For the first time in my life, I can say with almost complete assurance, that
the reason the majority of the people I know are torrenting, is because the
rights owner isn't willing to sell in format that they want to watch it in.

Don't call him out of Touch though - The reality, though, is that the CEO of
HBO is a highly informed profit maximizing individual and the reason we don't
get Game of Thrones on DVD/iTunes, is because of the huge revenue stream
represented by the other 95% (99%?) of the population who is more than happy
to Tivo GameOfThrones. He'll forego the 5% of us who won't purchase it on
Cable, in order to make money on the other 95% The Reality is, that some
percentage of that 5% would have Torrented it rather than paying the $50 for
an iTunes season.

They know how much they can make through iTunes, DVD Sales, and, most
importantly, their Cable Customers (Comcast, etc...).

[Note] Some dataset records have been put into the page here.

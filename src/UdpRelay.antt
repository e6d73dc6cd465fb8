-- ===== src/UdpRelay.antt =====
-- Windows/src/pb_relay.c: `udp_relay_server`, as it serves one SOCKS5 configuration. Each event of its
-- loop is a call; the answers of the operating system come with it.
pub mod Datagrams
pub mod Served
use proxy_bridge.Prelude.{
  ℕ, ◌+◌, ◌*◌, ◌/◌, ◌%◌, ◌^◌, ◌-◌, Bool, true, false, ◌&&◌, ◌||◌, is_empty, not, List, [], ◌∷◌,
  ◌++◌, Option, none, some, ltb, leb, ◌==◌, if◌then◌else◌, Bytes, length, take, drop, get_or, octet,
}
use proxy_bridge.Proxy.{ProxyConfig, close_both}
use proxy_bridge.Socks.{port_bytes}
use proxy_bridge.Socks.Associate.{Network, Association, establish_udp_associate_for_config}

-- `MAXBUF`.
abbrev pub max_buf : ℕ
max_buf = 65535

-- The header of a datagram to the proxy, and the payload.
unfoldable pub encapsulate_v4 : ℕ → ℕ → Bytes → Bytes
encapsulate_v4 dest_ip dest_port payload =
    0
    ∷ 0
    ∷ 0
    ∷ 1
    ∷ octet dest_ip 0
    ∷ octet dest_ip 1
    ∷ octet dest_ip 2
    ∷ octet dest_ip 3
    ∷ (port_bytes dest_port ++ payload)

unfoldable pub encapsulate_v6 : Bytes → ℕ → Bytes → Bytes
encapsulate_v6 dest_ip6 dest_port payload =
    0 ∷ 0 ∷ 0 ∷ 4 ∷ (take 16 dest_ip6 ++ (port_bytes dest_port ++ payload))

-- The sender that a datagram of the proxy names.
pub data Sender : Type 0 where
  v4 : ℕ → ℕ → Sender
  v6 : Bytes → ℕ → Sender

abbrev pub port_at : ℕ → Bytes → ℕ
port_at k buf = get_or buf k 0 * 256 + get_or buf (k + 1) 0

abbrev pub sender_v4 : Bytes → Sender
sender_v4 buf =
    v4
      (get_or buf 4 0
        + (get_or buf 5 0 * 2 ^ 8 + (get_or buf 6 0 * 2 ^ 16 + get_or buf 7 0 * 2 ^ 24)))
      (port_at 8 buf)

abbrev pub sender_v6 : Bytes → Sender
sender_v6 buf = v6 (take 16 (drop 4 buf)) (port_at 20 buf)

-- A datagram from the proxy: its sender and its payload, or nothing where it is passed over.
unfoldable pub decapsulate : Bytes → Option (Sender × Bytes)
decapsulate buf =
    if ltb (length buf) 10
    then none
    else if not (get_or buf 2 0 == 0)
    then none
    else if get_or buf 3 0 == 1
    then some (sender_v4 buf, drop 10 buf)
    else if get_or buf 3 0 == 4 && leb 22 (length buf)
    then some (sender_v6 buf, drop 22 buf)
    else none

-- Both sockets are closed, and the configuration counts as not connected.
abbrev pub dropped : Association → Association
dropped s = record s {
  config = record s.config { udp_tcp_ctrl = none; udp_send_sock = none; udp_connected = false };
  closed = close_both s.config s.closed;
}

-- A datagram to the proxy: the socket that it is sent on, and where to.
pub record Datagram : Type 0 where
  pub socket : Option ℕ
  pub to : ℕ × ℕ
  pub bytes : Bytes

abbrev pub to_proxy : Association → Bytes → Datagram
to_proxy s bytes = record { socket = s.config.udp_send_sock; to = s.relay_addr; bytes = bytes }

-- The configuration is connected if it is not.
unfoldable pub connect_unless : Bool → Network → Association → Bool × Association
connect_unless true net s = (true, s)
connect_unless false net s = establish_udp_associate_for_config net s

abbrev pub connect_if_down : Network → Association → Bool × Association
connect_if_down net s = connect_unless s.config.udp_connected net s

-- An error of `sendto` has the association made anew, and the datagram is sent once more.
unfoldable pub resend : Network → Bytes → Association → List Datagram × Association
resend retry bytes s =
    let (again, t) = establish_udp_associate_for_config retry (dropped s) in
    ((if again then to_proxy t bytes ∷ [] else []), t)

-- A datagram of an application for a destination over IPv4; `goes` says whether `sendto` succeeds.
unfoldable pub from_application :
    Network → Network → Bool → ℕ × ℕ → Bytes → Association → List Datagram × Association
unfolding connect_unless resend encapsulate_v4
from_application net retry goes dest payload s =
    let bytes = encapsulate_v4 dest.0 dest.1 payload in
    let (up, t) = connect_if_down net s in
    if is_empty payload || ltb (max_buf - 10) (length payload)
    then ([], s)
    else if not up
    then ([], t)
    else if goes
    then (to_proxy t bytes ∷ [], t)
    else resend retry bytes t

-- The same over IPv6.
unfoldable pub from_application_v6 :
    Network → Bytes × ℕ → Bytes → Association → List Datagram × Association
unfolding connect_unless encapsulate_v6
from_application_v6 net dest payload s =
    let t = (connect_if_down net s).1 in
    if is_empty payload || ltb (max_buf - 22) (length payload)
    then ([], s)
    else if t.config.udp_connected
    then (to_proxy t (encapsulate_v6 dest.0 dest.1 payload) ∷ [], t)
    else ([], t)

-- The control connection was closed by the proxy.
unfoldable pub control_closed : Network → Association → Association
control_closed net s =
    if s.config.udp_connected then (establish_udp_associate_for_config net (dropped s)).1 else s

-- An error of `recvfrom` on the socket for datagrams.
unfoldable pub receive_failed : Association → Association
receive_failed s = if s.config.udp_connected then dropped s else s

-- The events of the loop for one configuration, and its end.
pub data Event : Type 0 where
  idle : Network → Event
  closed_by_proxy : Network → Event
  datagram : Network → Network → Bool → ℕ × ℕ → Bytes → Event
  datagram_v6 : Network → Bytes × ℕ → Bytes → Event
  failed : Event
  stopped : Event

unfoldable pub serve : Event → Association → Association
unfolding connect_unless control_closed from_application from_application_v6 receive_failed
serve (idle net) s = (connect_if_down net s).1
serve (closed_by_proxy net) s = control_closed net s
serve (datagram net retry goes dest payload) s = (from_application net retry goes dest payload s).1
serve (datagram_v6 net dest payload) s = (from_application_v6 net dest payload s).1
serve failed s = receive_failed s
serve stopped s = dropped s

unfoldable pub serve_all : List Event → Association → Association
unfolding serve
serve_all [] s = s
serve_all (e ∷ es) s = serve_all es (serve e s)
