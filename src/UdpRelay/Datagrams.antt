-- ===== src/UdpRelay/Datagrams.antt =====
-- Windows/src/pb_relay.c: the headers of the datagrams to and from the proxy.
use proxy_bridge.Prelude.{◌^◌, ◌<◌, ◌≡◌, Bytes, length}
use proxy_bridge.UdpRelay.{encapsulate_v4, encapsulate_v6, Sender, v4, v6}

-- The datagram that carries a payload for, or from, an address.
abbrev pub datagram_of : Sender → Bytes → Bytes
datagram_of (v4 ip port) payload = encapsulate_v4 ip port payload
datagram_of (v6 ip6 port) payload = encapsulate_v6 ip6 port payload

-- Values that fit into their fields.
abbrev pub IsSized : Sender → Type 0
IsSized (v4 ip port) = (ip < 2 ^ 32) × (port < 2 ^ 16)
IsSized (v6 ip6 port) = (length ip6 ≡ 16) × (port < 2 ^ 16)
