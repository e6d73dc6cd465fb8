-- ===== src/UdpRelay/Served.antt =====
-- Windows/src/pb_relay.c: the sockets of a configuration over all the events of the UDP relay.
use proxy_bridge.Prelude.{
  ℕ, ◌-◌, ◌||◌, is_empty, Bool, true, false, not, if◌then◌else◌, ◌≡◌, refl, List, [], ◌∷◌, ltb,
  Bytes, length, arith,
}
use proxy_bridge.Proxy.{close, close_both}
use proxy_bridge.Socks.Associate.{Network, Association, establish_udp_associate_for_config}
use proxy_bridge.Socks.Associate.Balance.{Balanced, Whole, count-close, establish-Balanced}
use proxy_bridge.UdpRelay.{
  max_buf, dropped, Datagram, connect_unless, connect_if_down, resend, from_application,
  from_application_v6, control_closed, receive_failed, Event, idle, closed_by_proxy, datagram,
  datagram_v6, failed, stopped, serve, serve_all,
}

abbrev Sound : Association → Type 0
Sound s = Balanced s × Whole s.config

dropped-Sound : (s : Association) → Balanced s → Sound (dropped s)
unfolding close_both
dropped-Sound s b = (
  (λ x. omega (
    arith,
    b x,
    count-close x s.config.udp_send_sock (close s.config.udp_tcp_ctrl s.closed),
    count-close x s.config.udp_tcp_ctrl s.closed,
  )),
  (refl, refl),
)

again-Sound :
    (net : Network) (s : Association)
    → Sound s
    → Sound (establish_udp_associate_for_config net (dropped s)).1
again-Sound net s i =
    let d = dropped-Sound s i.0 in
    let r = establish-Balanced net (dropped s) d.0 d.1 refl in (r.0, r.1)

connect-Sound :
    (b : Bool) (net : Network) (s : Association)
    → s.config.udp_connected ≡ b
    → Sound s
    → Sound (connect_unless b net s).1
unfolding connect_unless
connect-Sound true net s e i = i
connect-Sound false net s e i = let r = establish-Balanced net s i.0 i.1 e in (r.0, r.1)

if-Sound : (b : Bool) (s t : Association) → Sound s → Sound t → Sound (if b then s else t)
if-Sound true s t i j = i
if-Sound false s t i j = j

either-Sound :
    (b : Bool) (r q : List Datagram × Association)
    → Sound r.1
    → Sound q.1
    → Sound (if b then r else q).1
either-Sound true r q i j = i
either-Sound false r q i j = j

from_application-Sound :
    (net retry : Network) (goes : Bool) (dest : ℕ × ℕ) (payload : Bytes) (s : Association)
    → Sound s
    → Sound (from_application net retry goes dest payload s).1
unfolding from_application resend
from_application-Sound net retry goes dest payload s i =
    let c = connect_if_down net s in
    let j = connect-Sound s.config.udp_connected net s refl i in
    either-Sound (is_empty payload || ltb (max_buf - 10) (length payload)) _ _ i
      (either-Sound (not c.0) _ _ j (either-Sound goes _ _ j (again-Sound retry c.1 j)))

from_application_v6-Sound :
    (net : Network) (dest : Bytes × ℕ) (payload : Bytes) (s : Association)
    → Sound s
    → Sound (from_application_v6 net dest payload s).1
unfolding from_application_v6
from_application_v6-Sound net dest payload s i =
    let c = connect_if_down net s in
    let j = connect-Sound s.config.udp_connected net s refl i in
    either-Sound (is_empty payload || ltb (max_buf - 22) (length payload)) _ _ i
      (either-Sound c.1.config.udp_connected _ _ j j)

serve-Sound : (e : Event) (s : Association) → Sound s → Sound (serve e s)
unfolding serve control_closed receive_failed
serve-Sound (idle net) s i = connect-Sound s.config.udp_connected net s refl i
serve-Sound (closed_by_proxy net) s i = if-Sound s.config.udp_connected _ _ (again-Sound net s i) i
serve-Sound (datagram net retry goes dest payload) s i =
    from_application-Sound net retry goes dest payload s i
serve-Sound (datagram_v6 net dest payload) s i = from_application_v6-Sound net dest payload s i
serve-Sound failed s i = if-Sound s.config.udp_connected _ _ (dropped-Sound s i.0) i
serve-Sound stopped s i = dropped-Sound s i.0

-- Whatever events the UDP relay serves for a configuration, and whatever fails in them: each socket
-- that was ever opened is held by the configuration or was closed, and that once; and the
-- configuration holds both sockets where it counts as connected, and else none.
pub serve_all-Balanced :
    (es : List Event) (s : Association)
    → Balanced s
    → Whole s.config
    → Balanced (serve_all es s) × Whole (serve_all es s).config
unfolding serve_all
serve_all-Balanced [] s b w = (b, w)
serve_all-Balanced (e ∷ es) s b w =
    let i = serve-Sound e s (b, w) in serve_all-Balanced es (serve e s) i.0 i.1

And, if SOPA goes through, it will provide a platform for attacking the
Torrents. First the entertainment industry will DNS blackhole "piratebay.org",
then, when people avoiding that in numbers enough to matter, they will pass
SOPA Part II, and start blackholing IP addresses. SOPA Part III will come out
once people figure some way of connecting to dynamically assigned IP
addresses.

It will be a legislative game of Cat-and-Mouse driven by the massive $$$ that
the entertainment industry is paying the lobbyists.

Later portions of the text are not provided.